### PROVIDED ENTRIES
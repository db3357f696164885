-- ===== src/Agw/Order/Stages.antt =====
-- The stages of `Reconcile` of internal/controller/magmaagw_controller.go up to the registration
-- touch no manifest objects, and what follows is reached by a registered gateway alone.
use magma_operator.Agw.Calls.{is_quiet_call}
use magma_operator.Agw.Calls.Gates.{datapath_ready-Quiet, plain_status-Quiet, status-Quiet}
use magma_operator.Agw.Calls.Stages.{identity-Quiet, lifecycle_prereqs-Quiet}
use magma_operator.Agw.Entry.{
  adopt, check_datapath, check_gate, establish_identity, reconcile_agw, set_datapath_ready,
}
use magma_operator.Agw.Identity.{IdentityState}
use magma_operator.Agw.Inputs.{release_name_of}
use magma_operator.Agw.Jobs.{agw_gateway_payload, gateway_fields}
use magma_operator.Agw.Names.{
  datapath_gate_enabled, gateway_registration_enabled, has_error, magma_agw_finalizer,
  orc8r_namespace,
}
use magma_operator.Agw.Order.{ApplyAfter, MayApply, SameSpec, WasRegistered, touches_manifest}
use magma_operator.Agw.Order.Registered.{reconcile_agw_gateway_registration-WasRegistered}
use magma_operator.Agw.Reconcile.{prepare_lifecycle, register}
use magma_operator.Agw.Status.{set_agw_condition}
use magma_operator.Api.Agw.{MagmaAgw}
use magma_operator.Base.{
  Bool, Dict, String, [], arith, false, inr, not, refl, sym, true, ◌&&◌, ◌∙◌, ◌∷◌, ◌≡◌,
}
use magma_operator.Kube.Frame.{IsStable, Sat-known, Sat-weaken}
use magma_operator.Kube.Lawful.{IsLawful}
use magma_operator.Kube.Library.{Library}
use magma_operator.Kube.Objects.{ConditionStatus}
use magma_operator.Kube.Only.{Only, Only-Sat, only_rules}
use magma_operator.Kube.Prog.{Call, Kind, Prog, apply, delete}
use magma_operator.Kube.Sat.{History, Sat, Sat-bind, Sat-check, Sat-check_error, Sat-if}

pub quiet_is_not_touch : (c : Call) → is_quiet_call c ≡ true → touches_manifest c ≡ true → ⊥
quiet_is_not_touch (apply o) quiet touch = cc
quiet_is_not_touch (delete Kind.manifest o background) quiet touch = cc
quiet_is_not_touch c quiet touch = cc

payload-SameSpec :
    (L : Library) (agw' agw : MagmaAgw) (hardware_id public_key : String)
    → SameSpec agw' agw
    → agw_gateway_payload L agw' hardware_id public_key
      ≡ agw_gateway_payload L agw hardware_id public_key
unfolding agw_gateway_payload gateway_fields
payload-SameSpec L agw' agw hardware_id public_key same = rw same.0 refl

WasRegistered-SameSpec :
    (L : Library) (agw' agw : MagmaAgw) (h : History)
    → SameSpec agw' agw
    → WasRegistered L agw' h
    → WasRegistered L agw h
unfolding orc8r_namespace
WasRegistered-SameSpec L agw' agw h same was = record {
  hardware_id = was.hardware_id;
  public_key = was.public_key;
  payload = was.payload;
  made = sym (payload-SameSpec L agw' agw was.hardware_id was.public_key same) ∙ was.made;
  seen = rw⁻¹ same.0 (rw⁻¹ same.1 was.seen);
}

MayApply-IsStable : (L : Library) (agw : MagmaAgw) → IsStable (MayApply L agw)
MayApply-IsStable L agw h c r may enabled =
    let was = may enabled in
    record {
      hardware_id = was.hardware_id;
      public_key = was.public_key;
      payload = was.payload;
      made = was.made;
      seen = inr was.seen;
    }

set_agw_condition-SameSpec :
    (L : Library) (agw' agw : MagmaAgw) (type : String) (s : ConditionStatus)
    (reason message : String)
    → SameSpec agw' agw
    → SameSpec (set_agw_condition L agw' type s reason message) agw
unfolding set_agw_condition
set_agw_condition-SameSpec L agw' agw type s reason message same = same

module _ (L : Library) (lawful : IsLawful L) (agw : MagmaAgw) where
  -- A part that makes only quiet calls.
  quiet_part :
      {A : Type 0} (h : History) (m : Prog A)
      → Only is_quiet_call m
      → Sat (ApplyAfter L agw) (λ _ _. Unit {0}) h m
  quiet_part h m quiet = Only-Sat h m (λ _ c q touch. elim (quiet_is_not_touch c q touch) [ ]) quiet

  register-ApplyAfter :
      (namespace : String) (agw' : MagmaAgw) (release_name : String) (identity : IdentityState)
      (values : Dict String) (enabled ready : Bool) (h : History)
      → SameSpec agw' agw
      → Sat
          (ApplyAfter L agw)
          (λ _ _. Unit {0})
          h
          (register L namespace agw' release_name identity values enabled ready)
  unfolding register
  register-ApplyAfter namespace agw' release_name identity values enabled ready h same =
      Sat-bind (λ h' r. r.registered ≡ true → WasRegistered L agw h') h _ _
        (Sat-weaken h _ (λ _ c q touch. elim (quiet_is_not_touch c q touch) [ ])
          (λ h' r was registered. WasRegistered-SameSpec L agw' agw h' same (was registered))
          (reconcile_agw_gateway_registration-WasRegistered L agw' identity h))
        (λ h' r was.
          Sat-check_error r.error h' _ _ (λ e _. quiet_part h' _ (plain_status-Quiet L _ _ _ _ _))
            (λ _.
              Sat-if
                (not r.registered && gateway_registration_enabled agw'.spec.gateway_registration) h'
                _ _ (λ _. quiet_part h' _ (status-Quiet L _ _ _ _ _ _))
                (λ go_on.
                  Sat-known (MayApply L agw) (MayApply-IsStable L agw) (λ _ _ may _. may) h' _
                    (λ enabled_here. was (
                      registered_now r.registered
                        (gateway_registration_enabled agw'.spec.gateway_registration) go_on
                        (rw same.0 enabled_here))))))
    where
      registered_now : (b e : Bool) → (not b && e) ≡ false → e ≡ true → b ≡ true
      registered_now b e p q = ground arith

  prepare_lifecycle-ApplyAfter :
      (namespace : String) (agw' : MagmaAgw) (release_name : String) (identity : IdentityState)
      (values : Dict String) (enabled ready : Bool) (h : History)
      → SameSpec agw' agw
      → Sat
          (ApplyAfter L agw)
          (λ _ _. Unit {0})
          h
          (prepare_lifecycle L namespace agw' release_name identity values enabled ready)
  unfolding prepare_lifecycle
  prepare_lifecycle-ApplyAfter namespace agw' release_name identity values enabled ready h same =
      Sat-bind (λ _ _. Unit {0}) h _ _
        (quiet_part h _ (lifecycle_prereqs-Quiet lawful agw' release_name values))
        (λ h' (lifecycle, stage, values') _.
          Sat-if (has_error stage) h' _ _ (λ _. quiet_part h' _ (plain_status-Quiet L _ _ _ _ _))
            (λ _.
              Sat-if (not stage.ready) h' _ _ (λ _. quiet_part h' _ (status-Quiet L _ _ _ _ _ _))
                (λ _.
                  register-ApplyAfter namespace _ release_name identity values' enabled ready h'
                    (set_agw_condition-SameSpec L _ agw _ _ _ _ same))))

  check_gate-ApplyAfter :
      (namespace : String) (agw' : MagmaAgw) (release_name : String) (identity : IdentityState)
      (values selector : Dict String) (h : History)
      → SameSpec agw' agw
      → Sat
          (ApplyAfter L agw)
          (λ _ _. Unit {0})
          h
          (check_gate L namespace agw' release_name identity values selector)
  unfolding check_gate
  check_gate-ApplyAfter namespace agw' release_name identity values [] h same =
      quiet_part h _ (plain_status-Quiet L _ _ _ _ _)
  check_gate-ApplyAfter namespace agw' release_name identity values (s ∷ ss) h same =
      Sat-bind (λ _ _. Unit {0}) h _ _
        (quiet_part h _ (datapath_ready-Quiet namespace (s ∷ ss) agw'.spec.datapath))
        (λ h' r _.
          Sat-check r h' _ _ (λ e _. quiet_part h' _ (plain_status-Quiet L _ _ _ _ _))
            (λ ready _.
              prepare_lifecycle-ApplyAfter namespace _ release_name identity _ true ready h'
                (gate_condition ready)))
    where
      gate_condition : (ready : Bool) → SameSpec (set_datapath_ready L ready agw') agw
      gate_condition true = set_agw_condition-SameSpec L agw' agw _ _ _ _ same
      gate_condition false = set_agw_condition-SameSpec L agw' agw _ _ _ _ same

  check_datapath-ApplyAfter :
      (namespace : String) (agw' : MagmaAgw) (release_name : String) (identity : IdentityState)
      (values : Dict String) (h : History)
      → SameSpec agw' agw
      → Sat
          (ApplyAfter L agw)
          (λ _ _. Unit {0})
          h
          (check_datapath L namespace agw' release_name identity values)
  unfolding check_datapath
  check_datapath-ApplyAfter namespace agw' release_name identity values h same =
      Sat-if (not (datapath_gate_enabled agw'.spec.datapath)) h _ _
        (λ _. prepare_lifecycle-ApplyAfter namespace agw' release_name identity _ false true h same)
        (λ _. check_gate-ApplyAfter namespace agw' release_name identity values _ h same)

  establish_identity-ApplyAfter :
      (namespace release_name : String) (h : History)
      → Sat (ApplyAfter L agw) (λ _ _. Unit {0}) h (establish_identity L namespace agw release_name)
  unfolding establish_identity
  establish_identity-ApplyAfter namespace release_name h =
      Sat-bind (λ _ _. Unit {0}) h _ _ (quiet_part h _ (identity-Quiet lawful agw))
        (λ h' r _.
          Sat-check r h' _ _ (λ e _. quiet_part h' _ (plain_status-Quiet L _ _ _ _ _))
            (λ identity _.
              check_datapath-ApplyAfter namespace _ release_name identity _ h'
                (set_agw_condition-SameSpec L _ agw _ _ _ _ (refl, refl))))

  -- While a resource is not being deleted, and `CreateOrUpdate` makes no calls but reads and writes
  -- and those of its mutation, a reconcile of the resource applies or deletes a manifest object
  -- only if the resource does not ask to be registered, or after the registration job for the
  -- gateway's payload, with the hash of that payload, was read as succeeded.
  pub reconcile_agw-ApplyAfter :
      (namespace : String)
      → agw.meta.is_deleted ≡ false
      → Sat (ApplyAfter L agw) (λ _ _. Unit {0}) [] (reconcile_agw L namespace agw)
  unfolding reconcile_agw adopt
  reconcile_agw-ApplyAfter namespace live =
      Sat-if agw.meta.is_deleted [] _ _ (λ deleted. cc)
        (λ _.
          Sat-if (not (L.contains_finalizer agw.meta magma_agw_finalizer)) [] _ _
            (λ _. quiet_part [] _ (search only_rules))
            (λ _. establish_identity-ApplyAfter namespace (release_name_of agw) []))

### EXERCISE BRIEF
Please give back exactly the lines of this listing beginning at the line with "gate_condition false = set_agw_condition-SameSpec" and ending with the line with "(λ _. check_gate-ApplyAfter", both included, and nothing else.

### EXERCISE ANSWER
      gate_condition false = set_agw_condition-SameSpec L agw' agw _ _ _ _ same

  check_datapath-ApplyAfter :
      (namespace : String) (agw' : MagmaAgw) (release_name : String) (identity : IdentityState)
      (values : Dict String) (h : History)
      → SameSpec agw' agw
      → Sat
          (ApplyAfter L agw)
          (λ _ _. Unit {0})
          h
          (check_datapath L namespace agw' release_name identity values)
  unfolding check_datapath
  check_datapath-ApplyAfter namespace agw' release_name identity values h same =
      Sat-if (not (datapath_gate_enabled agw'.spec.datapath)) h _ _
        (λ _. prepare_lifecycle-ApplyAfter namespace agw' release_name identity _ false true h same)
        (λ _. check_gate-ApplyAfter namespace agw' release_name identity values _ h same)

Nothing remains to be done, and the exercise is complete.